MLflow Integration¶
This guide demonstrates how to combine ROSE's workflow orchestration with MLflow's experiment tracking to create a robust and observable active learning system.
Overview¶
ROSE and MLflow provide a complementary relationship in a research or production pipeline:
- ROSE (Orchestration): Manages task execution order, dependencies, high-performance computing (HPC) resources, and the iterative loop.
- MLflow (Tracking): Records hyperparameters, performance metrics, trained models, and diagnostic plots for analysis and reproducibility.
| Tool | Role | Focus |
|---|---|---|
| ROSE | Orchestrator | What runs? When? Where? In what order? |
| MLflow | Tracker | What happened? How well did it perform? Can I reproduce it? |
Installation¶
To use this integration, you need both mlflow and ROSE installed in your environment.
# Install MLflow
pip install mlflow
# Optional: for visualization logic in the example
pip install matplotlib scikit-learn
Quick Start¶
You can find a complete integration example in the codebase at examples/integrations/mlflow/mlflow_rose.py.
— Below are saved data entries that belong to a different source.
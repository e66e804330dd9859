-- ===== src/Mirror/Converge/Credentials.antt =====
-- What the credential half of `converge` does to the files of the repo.
use workspace_api.Base.{
  ◌≡◌, refl, true, false, not, ◌&&◌, Option, none, some, [], Text, same, lookup, Map, M, ◌>>=◌,
  best_effort, attempt, pure, if◌then◌else◌, is_ok,
}
use workspace_api.Model.{
  CommitAuthor, CredentialFile, CredentialRender, Notice, credentials_handed_over,
}
use workspace_api.Postgres.{
  notify, get_pipeline, set_credentials_external, upsert_credential_render,
}
use workspace_api.Mirror.World.{RepoClient, World, Mirror, on_repo, on_db}
use workspace_api.Mirror.Effects.{
  IsRepo, Leaves, Leaves-bind, Leaves-best_effort, Leaves-attempt, Leaves-if, Leaves-on_db,
}
use workspace_api.Mirror.Converge.{
  notify_for_pipeline, mark_credentials_external, skip_tracked_credential_file, encrypt,
  write_credential_file, upsert_tracked, upsert_credential_file,
}
use workspace_api.Mirror.Converge.Steps.{Leaves-put}

module _ {R : Type 0} (file : R → Text → Option Text) (m : Mirror R) where
  Leaves-notify_for_pipeline :
      (id : Text) (notice : Notice) (q : Text) → Leaves file (notify_for_pipeline m id notice) q
  unfolding notify_for_pipeline
  Leaves-notify_for_pipeline id notice q =
      Leaves-bind file {B = Unit {0}} q (on_db (get_pipeline id)) _
        (Leaves-on_db file q (get_pipeline id))
        λ p.
          Leaves-on_db file q
            (notify (record { customer_slug = p.customer_slug; notice = notice; pipeline_id = id }))

  pub Leaves-mark : (id q : Text) → Leaves file (mark_credentials_external m id) q
  unfolding mark_credentials_external
  Leaves-mark id q =
      let handed = notify_for_pipeline m id credentials_handed_over in
      let told = if m.notifications then best_effort handed else pure tt in
      let mark = on_db (set_credentials_external id true) in
      Leaves-bind file {B = Unit {0}} q (attempt mark)
        (λ marked. if is_ok marked then told else pure tt)
        (Leaves-attempt file q mark (Leaves-on_db file q (set_credentials_external id true)))
        λ marked.
          Leaves-if file q (is_ok marked) told (pure tt)
            (Leaves-if file q m.notifications (best_effort handed) (pure tt)
              (Leaves-best_effort file q handed
                (Leaves-notify_for_pipeline id credentials_handed_over q))
              (λ w. refl))
            (λ w. refl)

  Leaves-skip :
      (cf : CredentialFile) (fp tree_sha : Text) (row : Option CredentialRender) (q : Text)
      → Leaves file (skip_tracked_credential_file m cf fp tree_sha row) q
  unfolding skip_tracked_credential_file
  Leaves-skip cf fp tree_sha none q w = refl
  Leaves-skip cf fp tree_sha (some row) q w =
      let mark = mark_credentials_external m cf.pipeline_id in
      let marked = mark >>= λ _. pure true in
      let handed = if not (same row.blob_sha tree_sha) && m.ownership then marked else pure false in
      Leaves-if file q (same row.fingerprint fp && same row.blob_sha tree_sha) (pure true) handed
        (λ v. refl)
        (Leaves-if file q (not (same row.blob_sha tree_sha) && m.ownership) marked (pure false)
          (Leaves-bind file q mark (λ _. pure true) (Leaves-mark cf.pipeline_id q) (λ _ v. refl))
          (λ v. refl))
        w

  Leaves-encrypt : (recipient plaintext q : Text) → Leaves file (encrypt m recipient plaintext) q
  unfolding encrypt
  Leaves-encrypt recipient plaintext q w = refl

module _ {R : Type 0} (file : R → Text → Option Text) (client : RepoClient R)
    (repo : IsRepo client file) (author : Option CommitAuthor) (m : Mirror R) where
  Leaves-write :
      (recipient p : Text) (cf : CredentialFile) (fp sha q : Text)
      → same p q ≡ false
      → Leaves file (write_credential_file m client author recipient p cf fp sha) q
  unfolding write_credential_file
  Leaves-write recipient p cf fp sha q h =
      let record_render : Text → M (World R) (Unit {0}) =
        λ new_sha. best_effort (on_db (upsert_credential_render cf.pipeline_id fp new_sha)) in
      Leaves-bind file {B = Unit {0}} q (encrypt m recipient cf.plaintext)
        (λ ciphertext. on_repo (client.put_contents p ciphertext sha author) >>= record_render)
        (Leaves-encrypt file m recipient cf.plaintext q)
        λ ciphertext.
          Leaves-bind file q (on_repo (client.put_contents p ciphertext sha author)) record_render
            (Leaves-put file client repo author p ciphertext sha q h)
            λ new_sha.
              let op = upsert_credential_render cf.pipeline_id fp new_sha in
              Leaves-best_effort file q (on_db op) (Leaves-on_db file q op)

  Leaves-upsert_tracked :
      (recipient : Text) (renders : Map CredentialRender) (p : Text) (cf : CredentialFile)
      (tree_sha : Option Text) (q : Text)
      → same p q ≡ false
      → Leaves file (upsert_tracked m client author recipient renders p cf tree_sha) q
  unfolding upsert_tracked
  Leaves-upsert_tracked recipient renders p cf none q h =
      Leaves-write recipient p cf (m.fingerprint recipient cf.plaintext) [] q h
  Leaves-upsert_tracked recipient renders p cf (some tree_sha) q h =
      let fp = m.fingerprint recipient cf.plaintext in
      let write = write_credential_file m client author recipient p cf fp tree_sha in
      Leaves-bind file q
        (skip_tracked_credential_file m cf fp tree_sha (lookup cf.pipeline_id renders))
        (λ skip. if skip then pure tt else write)
        (Leaves-skip file m cf fp tree_sha (lookup cf.pipeline_id renders) q)
        λ skip.
          Leaves-if file q skip (pure tt) write (λ w. refl)
            (Leaves-write recipient p cf fp tree_sha q h)

  pub upsert_credential_file_other :
      (recipient : Text) (renders : Map CredentialRender) (existing : Map Text) (p : Text)
      (cf : CredentialFile) (q : Text)
      → same p q ≡ false
      → Leaves file (upsert_credential_file m client author recipient renders existing p cf) q
  unfolding upsert_credential_file
  upsert_credential_file_other recipient renders existing p cf q h =
      let tracked = upsert_tracked m client author recipient renders p cf (lookup p existing) in
      Leaves-if file q cf.external (pure tt) tracked (λ w. refl)
        (Leaves-upsert_tracked recipient renders p cf (lookup p existing) q h)

  -- A file that the box owns is not written.
  pub upsert_credential_file_external :
      (recipient : Text) (renders : Map CredentialRender) (existing : Map Text) (p : Text)
      (cf : CredentialFile) (q : Text)
      → cf.external ≡ true
      → Leaves file (upsert_credential_file m client author recipient renders existing p cf) q
  unfolding upsert_credential_file
  upsert_credential_file_external recipient renders existing p cf q h w = rw h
# Run the integration example
python examples/integrations/mlflow/mlflow_rose.py
# Launch the MLflow UI to view results
mlflow ui --port 5000
Once the UI is running, open http://localhost:5000 in your browser.
Integration Pattern¶
The standard pattern for integrating MLflow into a ROSE SequentialActiveLearner loop involves wrapping the learner's start() iterator:
import mlflow
from rose.al import SequentialActiveLearner
async def main():
# 1. Initialize MLflow Run
mlflow.set_experiment("ROSE_AL_Experiment")
with mlflow.start_run():
# 2. Log Configuration
mlflow.log_params({
"max_iterations": 10,
"mse_threshold": 0.01,
})
# 3. Setup ROSE Learner
learner = SequentialActiveLearner(asyncflow)
# ... register tasks ...
# 4. Instrument the Control Loop
async for state in learner.start(max_iter=10):
# Log metrics at each iteration step
mlflow.log_metric("mse", state.metric_value, step=state.iteration)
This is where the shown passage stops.